Beberapa pemuda dari Yordania melakukan perjalanan dengan mobil untuk melakukan umroh. Sesampai di Khaibar mereka mengalami kecelakaan, yaitu mobil mereka menabrak lampu jalan. Polisi pun datang dan meminta kepada sopir untuk membayar ganti rugi kerusakan sebesar 21.000 Riyal (sekitar 3.500 Pound Sterling).
Baik sopir maupun para pemuda itu tidak mampu membayar denda sebesar itu. Maka polisi pun menyita paspor milik sopir sampai dia mampu membayar denda sepulang dari umrah.

Beberapa pelajar yang mengetahui kasus ini berinisiatif membantu mencari dana. Mereka berpikir jalan terbaik adalah dengan menyampaikan permasalahan ini kepada ulama. Maka salah seorang dari mereka mendatangi Asy-Syaikh Al-’Utsaimin di ruang beliau di Masjidil Haram, Mekkah, usai shalat Ashar. Setelah diberi tahu permasalahan yang terjadi, Asy-Syaikh Al-’Utsaimin berkata, “Datanglah besok, insya Allah semua akan beres.”
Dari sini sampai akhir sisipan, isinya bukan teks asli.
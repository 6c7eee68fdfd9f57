-- ===== src/Job/Queue/Kept/Remove.antt =====
-- Removals, retries and the recovery of stalled jobs keep each `Kept` property of the map.
use Prim.Native.String.{String}
use lane.Prelude.{
  ℕ, ◌≡◌, refl, arith, Bool, false, Option, none, some, List, [], ◌∷◌, has_text, ◌==◌, ◌||◌, length,
}
use lane.Error.{Result, ok, err}
use lane.Job.{Job, JobEnv, JobState, Message, subtract_duration}
use lane.Job.Queue.{JobQueue, get, emit, str_eq}
use lane.Job.Queue.Records.{remove_job_record, emit_removed_event}
use lane.Job.Queue.Flow.{clear_child_dependency_side_index, has_child_dependency_side_index}
use lane.Job.Queue.Remove.{
  remove, remove_checked, require_removable, remove_jobs, release_parents, clean, drain, obliterate,
  remove_deduplication_key, release_owner, orphan, unlist, remove_from, remove_child,
  remove_child_of, remove_child_dependency, remove_if, cleaned_jobs, drained_jobs,
}
use lane.Job.Queue.Children.{
  remove_each, remove_event, remove_children, remove_unprocessed_children, collect, collected_ids,
}
use lane.Job.Queue.Retry.{retry, retried, restore_parent}
use lane.Job.Queue.Kept.{
  Jobs, Kept, result_if-kept, checked-kept, with_job-kept, remove_job_record-kept,
}
use lane.Job.Queue.Kept.Parents.{release_parent-kept, restore_parent-kept}
use lane.Job.Queue.Kept.Finish.{release-kept}

module _ {F V : Type 0} (I : Jobs F V → Type 0) (kept : Kept I) where
  remove_jobs-kept :
      (jobs : List (Job F V)) (q : JobQueue F V) → I q.jobs → I (remove_jobs jobs q).jobs
  remove_jobs-kept [] q v = v
  remove_jobs-kept (job ∷ jobs) q v =
      remove_jobs-kept jobs _ (remove_job_record-kept I kept job.id q v)

  remove_event-kept :
      (now : ℕ) (r : Option (Job F V) × JobQueue F V) → I r.1.jobs → I (remove_event now r).jobs
  unfolding emit_removed_event emit
  remove_event-kept now (none, q) v = v
  remove_event-kept now (some job, q) v = v

  remove_each-kept :
      (now : ℕ) (ids : List String) (q : JobQueue F V) → I q.jobs → I (remove_each now ids q).1.jobs
  unfolding remove_each
  remove_each-kept now [] q v = v
  remove_each-kept now (id ∷ ids) q v =
      remove_each-kept now ids _
        (remove_event-kept now (remove_job_record id q) (remove_job_record-kept I kept id q v))

  pub obliterate-kept :
      (text : Message → String) (force : Bool) (q : JobQueue F V)
      → I []
      → I q.jobs
      → I (obliterate text force q).1.jobs
  unfolding obliterate
  obliterate-kept text force q n v = ground arith

  release_owner-kept :
      (id : String) (o : Option (Job F V)) (q : JobQueue F V)
      → I q.jobs
      → I (release_owner id o q).1.jobs
  release_owner-kept id none q v = v
  release_owner-kept id (some owner) q v = v

  pub remove_deduplication_key-kept :
      (id : String) (now : ℕ) (q : JobQueue F V)
      → I q.jobs
      → I (remove_deduplication_key id now q).1.jobs
  unfolding remove_deduplication_key
  remove_deduplication_key-kept id now q v =
      result_if-kept I (str_eq id "") (false, q) _ v (release_owner-kept id _ q v)

module _ (env : JobEnv) (I : Jobs env.F env.V → Type 0) (kept : Kept I) where
  open env use {F, V, text}

  orphan-kept :
      (child : String) (o : Option (Job F V)) (q : JobQueue F V)
      → get child q.jobs ≡ o
      → I q.jobs
      → I (orphan env child o q).jobs
  orphan-kept child none q e v = v
  orphan-kept child (some job) q e v =
      kept.same child job _ q.jobs e
        (record { id = refl; state = refl; token = refl; lease = refl; worker = refl }) v

  unlist-kept :
      (parent_id child : String) (parent : Job F V) (q : JobQueue F V)
      → get parent_id q.jobs ≡ some parent
      → I q.jobs
      → I (unlist env parent_id child parent q).jobs
  unfolding clear_child_dependency_side_index
  unlist-kept parent_id child parent q e v =
      kept.same parent_id parent _ q.jobs e
        (record { id = refl; state = refl; token = refl; lease = refl; worker = refl }) v

  restore-kept :
      (o : Option String) (id : String) (now : ℕ) (q : JobQueue F V)
      → I q.jobs
      → I (restore_parent env o id now q).jobs
  restore-kept none id now q v = v
  restore-kept (some parent) id now q v = restore_parent-kept I kept parent id now q v

  remove_if-kept :
      (g : Result (Unit {0})) (job : Job F V) (id : String) (now : ℕ) (q : JobQueue F V)
      → I q.jobs
      → I (remove_if env g job id now q).1.jobs
  unfolding emit_removed_event emit
  remove_if-kept (err e) job id now q v = v
  remove_if-kept (ok u) job id now q v =
      release-kept env I kept job.parent_id now _ (remove_job_record-kept I kept id q v)

  pub remove_checked-kept :
      (id : String) (now : ℕ) (o : Option (Job F V)) (q : JobQueue F V)
      → I q.jobs
      → I (remove_checked env id now o q).1.jobs
  remove_checked-kept id now none q v = v
  remove_checked-kept id now (some job) q v =
      remove_if-kept (require_removable text job) job id now q v

  pub remove-kept :
      (id : String) (now : ℕ) (q : JobQueue F V) → I q.jobs → I (remove env id now q).1.jobs
  unfolding remove
  remove-kept id now q v = remove_checked-kept id now (get id q.jobs) q v

  release_parents-kept :
      (jobs : List (Job F V)) (now : ℕ) (q : JobQueue F V)
      → I q.jobs
      → I (release_parents env jobs now q).jobs
  release_parents-kept [] now q v = v
  release_parents-kept (job ∷ jobs) now q v =
      release_parents-kept jobs now _ (release-kept env I kept job.parent_id now q v)

  remove_together-kept :
      (jobs : List (Job F V)) (now : ℕ) (q : JobQueue F V)
      → I q.jobs
      → I (release_parents env jobs now (remove_jobs jobs q)).jobs
  remove_together-kept jobs now q v =
      release_parents-kept jobs now (remove_jobs jobs q) (remove_jobs-kept I kept jobs q v)

  pub clean-kept :
      (state : JobState) (grace limit now : ℕ) (q : JobQueue F V)
      → I q.jobs
      → I (clean env state grace limit now q).1.jobs
  unfolding clean emit
  clean-kept state grace limit now q v =
      result_if-kept I (limit == 0) ([], q) _ v
        (remove_together-kept (cleaned_jobs state (subtract_duration env now grace) limit q) now q
          v)

  pub drain-kept :
      (include_delayed : Bool) (now : ℕ) (q : JobQueue F V)
      → I q.jobs
      → I (drain env include_delayed now q).1.jobs
  unfolding drain
  drain-kept include_delayed now q v = remove_together-kept (drained_jobs include_delayed q) now q v

  remove_children-kept :
      (id : String) (now : ℕ) (o : Option (Job F V)) (q : JobQueue F V)
      → I q.jobs
      → I (remove_children env id now o q).1.jobs
  remove_children-kept id now none q v = v
  remove_children-kept id now (some parent) q v =
      let ids = collected_ids (collect (length q.jobs) q.jobs parent.child_ids ([], [])) in
      release_parent-kept env I kept id now (remove_each now ids q).1
        (remove_each-kept I kept now ids q v)

  pub remove_unprocessed_children-kept :
      (id : String) (now : ℕ) (q : JobQueue F V)
      → I q.jobs
      → I (remove_unprocessed_children env id now q).1.jobs
  unfolding remove_unprocessed_children
  remove_unprocessed_children-kept id now q v = remove_children-kept id now (get id q.jobs) q v

  remove_from-kept :
      (child parent_id : String) (now : ℕ) (o : Option (Job F V)) (q : JobQueue F V)
      → get parent_id q.jobs ≡ o
      → I q.jobs
      → I (remove_from env child parent_id now o q).1.jobs
  remove_from-kept child parent_id now none q e v = v
  remove_from-kept child parent_id now (some parent) q e v =
      result_if-kept I
        (has_text child parent.child_ids || has_child_dependency_side_index parent_id child q) _
        (ok false, q)
        (release_parent-kept env I kept parent_id now _
          (orphan-kept child _ _ refl (unlist-kept parent_id child parent q e v)))
        v

  remove_child_of-kept :
      (child : String) (now : ℕ) (o : Option (Job F V)) (q : JobQueue F V)
      → I q.jobs
      → I (remove_child_of env child now o q).1.jobs
  remove_child_of-kept child now none q v = v
  remove_child_of-kept child now (some job) q v = child-kept job.parent_id
    where
      child-kept : (o : Option String) → I (remove_child env child now o q).1.jobs
      child-kept none = v
      child-kept (some parent_id) = remove_from-kept child parent_id now _ q refl v

  pub remove_child_dependency-kept :
      (child : String) (now : ℕ) (q : JobQueue F V)
      → I q.jobs
      → I (remove_child_dependency env child now q).1.jobs
  unfolding remove_child_dependency
  remove_child_dependency-kept child now q v = remove_child_of-kept child now (get child q.jobs) q v

  pub retry-kept :
      (id : String) (now : ℕ) (q : JobQueue F V) → I q.jobs → I (retry env id now q).1.jobs
  unfolding retry emit
  retry-kept id now q v = with_job-kept I id q _ v (λ job e. checked-kept I _ q _ v (
      restore-kept job.parent_id id now _ (
        kept.idled id job (retried env _ now job) q.jobs e refl
          (record { inactive = refl; token = refl; lease = refl; worker = refl }) v)))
Namun para pelajar tidak datang pada keesokkan harinya karena mereka berpikir bahwa jumlah uang yang dibutuhkan sangat besar. Disamping itu, menurut pikiran mereka, Asy-Syaikh Al-’Utsaimin juga tidak kenal dengan mereka. Maka pelajar itu kembali ke pemuda dari Yordania yang mengalami kecelakaan dan menyatakan bahwa mereka telah berusaha membantu, setidaknya telah menyampaikan hal ini kepada Asy-Syaikh Al-’Utsaimin. Para pemuda itu berencana pulang ke Yordania namun mereka harus melewati pemeriksaan di Khaibar yang akan memeriksa paspor sopir. Mereka mengharap kemurahan hati petugas imigrasi (pemeriksa paspor) dan mereka mau melupakan kewajiban mereka untuk membayar denda.

Ketika mereka datang ke kantor, kepala kantor meminta mereka membayar penuh denda tersebut dan mereka tidak boleh pergi (sebelum membayar denda). Mereka boleh pergi tetapi tidak boleh bersama sopirnya. Para pemuda dan sopir menjadi khawatir. Apa yang harus mereka lakukan kini?

Mereka kemudian mendatangi pelajar yang telah menemui Asy-Syaikh Al-’Utsaimin dan berkata, “Mengapa anda tidak mendatangi beliau lagi? Apa yang beliau katakan?” Dia menjawab, “Beliau berkata: datanglah lagi besok.” Mereka bertanya, “Apakah engkau datang keesokan harinya?” Dia menjawab, “Tidak.” Mereka berkata, “Hubungi beliau lagi, semoga Allah memberi jalan kepada kami melalui beliau. Saat ini kami berada di tempat yang jauh dari keluarga di hari-hari terakhir bulan Ramadhan.”

Pelajar itu pun kembali mendatangi Asy-Syaikh Al-’Utsaimin. Pemuda itu kembali menerangkan permasalahan yang terjadi. Asy-Syaikh Al-’Utsaimin bertanya, “Apakah engkau berasal dari Yordania?” Ia menjawab, “Ya, wahai Syaikh.” Asy-Syaikh berkata, “Bukankah waktu itu saya sudah meminta engkau untuk datang esok harinya, tapi mengapa engkau tidak datang?” Ia menjawab, “Saya merasa malu, wahai Syaikh.”

Maka Asy-Syaikh Al-’Utsaimin berkata, “Sekarang mengapa engkau datang lagi? …di beberapa kejadian, jumlah uang yang kita butuhkan bisa terkumpul dalam satu hari.” Pelajar itu hampir tidak percaya mendengar hal itu. Ia merasa senang karena memiliki harapan baru. Ia berkata, “Sekarang apa yang harus kami kerjakan, wahai Syaikh?” Asy-Syaikh Al-’Utsaimin berkata, “Saya akan mentransfer uang ke bagian imigrasi dan mencoba meminta mereka agar memudahkah urusan kalian dan agar mereka mengijinkan kalian pulang ke keluarga kalian sebelum hari Raya Idul Fitri.”

Asy-Syaikh Al-’Utsaimin kemudian berbicara kepada kepala imigrasi, “Saya telah mengumpulkan uang (untuk membayar denda), beritahu saya nomor rekening anda supaya saya bisa mentransfernya. Kemudian ijinkan para pemuda dan sopirnya pulang ke keluarganya.”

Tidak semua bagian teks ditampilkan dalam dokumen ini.